» Task requirements:
Read through the records below and copy each line that uses the word "IsInner".
★ ★ ★ ★ ★
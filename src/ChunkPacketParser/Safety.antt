-- ===== src/ChunkPacketParser/Safety.antt =====
-- What a client of ChunkPacketParser::Parse (TransferCore/ChunkPacketParser.cpp) may rely on.
use transfer_udt.Common.{
  ℕ, ◌+◌, ◌-◌, ◌^◌, ◌≤◌, ◌<◌, ◌≡◌, ◌≢◌, refl, sym, ap, ◌∙◌, true, false, List, [], ◌∷◌, ◌++◌,
  length, arith, All, length-append, nil_of_length, append-nil,
}
use transfer_udt.Common.Int.{negsuc}
use transfer_udt.Common.Bytes.{
  Bytes, IsByte, codes, bytes_eq, bytes_eq_iff, uint32_of, uint32_bytes, length-uint32_bytes,
}
use transfer_udt.ChunkMetadata.{ChunkMetadata}
use transfer_udt.ChunkPacketParser.Reads.{ok}
use transfer_udt.ChunkPacketParser.Paths.{
  PathOps, is_safe_filename, is_safe_relative_directory, has_control_chars, has_any_of, mem_byte,
  reserved_chars, max_filename_len, has_bad_segment,
}
use transfer_udt.ChunkPacketParser.Packet.{
  Message, IsAcceptable, content, encode, store, safe_filename_length, content-le-max,
}
use transfer_udt.ChunkPacketParser.RoundTrip.{parse_inv, parse-accepts}
use transfer_udt.ChunkPacketParser.{parse, max_chunk_size_bytes, max_file_size_bytes}

-- No control character, no separator, no drive colon, no wildcard.
abbrev pub IsPlain : ℕ → Type 0
IsPlain ch = (32 ≤ ch) × (mem_byte ch reserved_chars ≡ false)

IsPlain-chars :
    (s : Bytes) → has_control_chars s ≡ false → has_any_of reserved_chars s ≡ false → All IsPlain s
unfolding has_control_chars has_any_of
IsPlain-chars [] p q = tt
IsPlain-chars (ch ∷ rest) p q =
    ((ground arith, ground arith), IsPlain-chars rest (ground arith) (ground arith))

safe_tests :
    (fs : PathOps) (s : Bytes)
    → is_safe_filename fs s ≡ true
    → (has_control_chars s ≡ false)
      × (has_any_of reserved_chars s ≡ false)
      × (bytes_eq (fs.lexically_normal s) (codes ".") ≡ false)
      × (bytes_eq (fs.lexically_normal s) (codes "..") ≡ false)
unfolding is_safe_filename
safe_tests fs s h = (ground arith, ground arith, ground arith, ground arith)

not_named :
    (fs : PathOps) (s name : Bytes)
    → fs.lexically_normal name ≡ name
    → bytes_eq (fs.lexically_normal s) name ≡ false
    → s ≢ name
not_named fs s name n h e =
    cc ((bytes_eq_iff (fs.lexically_normal s) name).1 (ap fs.lexically_normal e ∙ n))

-- A path element that descends.
abbrev pub IsInner : Bytes → Type 0
IsInner segment = (0 < length segment) × (segment ≢ codes ".") × (segment ≢ codes "..")

IsInner-segments : (l : List Bytes) → has_bad_segment l ≡ false → All IsInner l
unfolding has_bad_segment
IsInner-segments [] h = tt
IsInner-segments (s ∷ rest) h = (
  (
    ground arith,
    (λ e. cc ((bytes_eq_iff s (codes ".")).1 e, not_dot)),
    (λ e. cc ((bytes_eq_iff s (codes "..")).1 e, not_dots)),
  ),
  IsInner-segments rest (ground arith),
)
  where
    not_dot : bytes_eq s (codes ".") ≡ false
    not_dot = ground arith

    not_dots : bytes_eq s (codes "..") ≡ false
    not_dots = ground arith

directory_tests :
    (fs : PathOps) (s : Bytes)
    → is_safe_relative_directory fs s ≡ true
    → 0 < length s
    → (fs.has_root_name s ≡ false)
      × (fs.has_root_directory s ≡ false)
      × (fs.is_absolute s ≡ false)
      × (has_bad_segment (fs.elements s) ≡ false)
unfolding is_safe_relative_directory
directory_tests fs s h p = (ground arith, ground arith, ground arith, ground arith)

-- The name under which the server stores an accepted chunk has 1 to 255 characters, none of them a
-- control character or one of <>:"/\|?*, and is neither "." nor "..", where the path library
-- leaves those two names as they are when it normalises them.
pub parse-filename_confined :
    (fs : PathOps) (buffer : Bytes) (c c' : ChunkMetadata) (o' : ℕ)
    → fs.lexically_normal (codes ".") ≡ codes "."
    → fs.lexically_normal (codes "..") ≡ codes ".."
    → All IsByte buffer
    → parse fs buffer c ≡ ok tt o' c'
    → (0 < length c'.filename)
      × (length c'.filename ≤ max_filename_len)
      × All IsPlain c'.filename
      × (c'.filename ≢ codes ".")
      × (c'.filename ≢ codes "..")
parse-filename_confined fs buffer c c' o' dot dots b h =
    let (_, (m, v, _, s)) = parse_inv fs buffer c b h in
    let name : m.filename ≡ c'.filename = ap (λ (x : ChunkMetadata). x.filename) s in
    let safe : is_safe_filename fs c'.filename ≡ true = rw name at v.safe_filename in
    let (control, reserved, ne_dot, ne_dots) = safe_tests fs c'.filename safe in
    let (lo, hi) = safe_filename_length fs c'.filename safe in
    (
      lo,
      hi,
      IsPlain-chars c'.filename control reserved,
      not_named fs c'.filename (codes ".") dot ne_dot,
      not_named fs c'.filename (codes "..") dots ne_dots,
    )

-- A directory that an accepted chunk names is empty, or it is relative and each of its elements is
-- non-empty and neither "." nor "..": it cannot lead out of the client's folder.
pub parse-directory_confined :
    (fs : PathOps) (buffer : Bytes) (c c' : ChunkMetadata) (o' : ℕ)
    → All IsByte buffer
    → parse fs buffer c ≡ ok tt o' c'
    → 0 < length c'.directory
    → (fs.has_root_name c'.directory ≡ false)
      × (fs.has_root_directory c'.directory ≡ false)
      × (fs.is_absolute c'.directory ≡ false)
      × All IsInner (fs.elements c'.directory)
parse-directory_confined fs buffer c c' o' b h p =
    let (_, (m, v, _, s)) = parse_inv fs buffer c b h in
    let dir : m.directory ≡ c'.directory = ap (λ (x : ChunkMetadata). x.directory) s in
    let safe : is_safe_relative_directory fs c'.directory ≡ true = rw dir at v.safe_directory in
    let (name, root, absolute, segments) = directory_tests fs c'.directory safe p in
    (name, root, absolute, IsInner-segments (fs.elements c'.directory) segments)

-- The bytes of an accepted chunk are 1 to 4 MiB, their recorded size is their number, and they lie
-- within a file whose declared size is at most 100 GiB.
pub parse-data_within_file :
    (fs : PathOps) (buffer : Bytes) (c c' : ChunkMetadata) (o' : ℕ)
    → All IsByte buffer
    → parse fs buffer c ≡ ok tt o' c'
    → (c'.data_size ≡ length c'.chunk_data)
      × (0 < c'.data_size)
      × (c'.data_size ≤ max_chunk_size_bytes)
      × (c'.chunk_offset + c'.data_size ≤ c'.total_file_size)
      × (c'.total_file_size ≤ max_file_size_bytes)
parse-data_within_file fs buffer c c' o' b h =
    let (_, (m, v, _, s)) = parse_inv fs buffer c b h in
    let size = ap (λ (x : ChunkMetadata). x.data_size) s in
    let offset = ap (λ (x : ChunkMetadata). x.chunk_offset) s in
    let total = ap (λ (x : ChunkMetadata). x.total_file_size) s in
    (
      sym size ∙ ap (λ (x : ChunkMetadata). length x.chunk_data) s,
      omega (arith, size, v.good_data),
      omega (arith, size, v.good_data),
      omega (arith, size, offset, total, v.good_data),
      omega (arith, total, v.file_not_huge),
    )

header_counts :
    (m : Message) (rest : Bytes)
    → length (content m) < 2 ^ 32
    → uint32_of (encode m ++ rest) ≡ length (content m)
unfolding uint32_of uint32_bytes
header_counts m rest h = omega arith

length-encode : (m : Message) → length (encode m) ≡ 4 + length (content m)
length-encode m = omega (
  arith,
  length-append (uint32_bytes (length (content m))) (content m),
  length-uint32_bytes (length (content m)),
)

encode_prefix :
    (m n : Message) (rest : Bytes)
    → length (content m) < 2 ^ 32
    → length (content n) < 2 ^ 32
    → encode m ++ rest ≡ encode n
    → rest ≡ []
encode_prefix m n rest h k e = nil_of_length rest (
    omega (
      arith,
      header_counts m rest h,
      header_counts n [] k,
      ap uint32_of (e ∙ sym (append-nil (encode n))),
      ap length e,
      length-append (encode m) rest,
      length-encode m,
      length-encode n,
    ))

-- No accepted packet is a proper prefix of another: if a buffer is accepted and also with further
-- bytes behind it, there are no further bytes.
pub parse_prefix_free :
    (fs : PathOps) (buffer rest : Bytes) (c c' d' : ChunkMetadata) (o' p' : ℕ)
    → All IsByte buffer
    → All IsByte (buffer ++ rest)
    → parse fs buffer c ≡ ok tt o' c'
    → parse fs (buffer ++ rest) c ≡ ok tt p' d'
    → rest ≡ []
parse_prefix_free fs buffer rest c c' d' o' p' b b' h k =
    let (_, (m, v, e, _)) = parse_inv fs buffer c b h in
    let (_, (n, w, f, _)) = parse_inv fs (buffer ++ rest) c b' k in
    encode_prefix m n rest (omega (arith, content-le-max fs m v))
      (omega (arith, content-le-max fs n w)) (ap (λ x. x ++ rest) (sym e) ∙ f)

-- A packet of an adaptive transfer, which declares no total, is accepted with any 32-bit chunk
-- number; from 2 ^ 31 on the stored `int` is negative.
pub parse-chunk_number_negative :
    (fs : PathOps) (m : Message) (c : ChunkMetadata)
    → IsAcceptable fs m
    → 2 ^ 31 ≤ m.chunk_number
    → (m.total_chunks ≡ 0)
      × (c' : ChunkMetadata) × (n : ℕ) × (parse fs (encode m) c ≡ ok tt (length (encode m)) c')
      × (c'.chunk_number ≡ negsuc n)
parse-chunk_number_negative fs m c v h = (
  ground (arith, v.good_counts),
  store m c,
  2 ^ 32 - m.chunk_number - 1,
  parse-accepts fs (encode m) m c v refl,
  ground (arith, v.number_fits),
)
★ ★ ★ ★ ★
» Exercise answer:
abbrev pub IsInner : Bytes → Type 0
IsInner segment = (0 < length segment) × (segment ≢ codes ".") × (segment ≢ codes "..")
IsInner-segments : (l : List Bytes) → has_bad_segment l ≡ false → All IsInner l
IsInner-segments [] h = tt
IsInner-segments (s ∷ rest) h = (
  IsInner-segments rest (ground arith),
      × All IsInner (fs.elements c'.directory)
    (name, root, absolute, IsInner-segments (fs.elements c'.directory) segments)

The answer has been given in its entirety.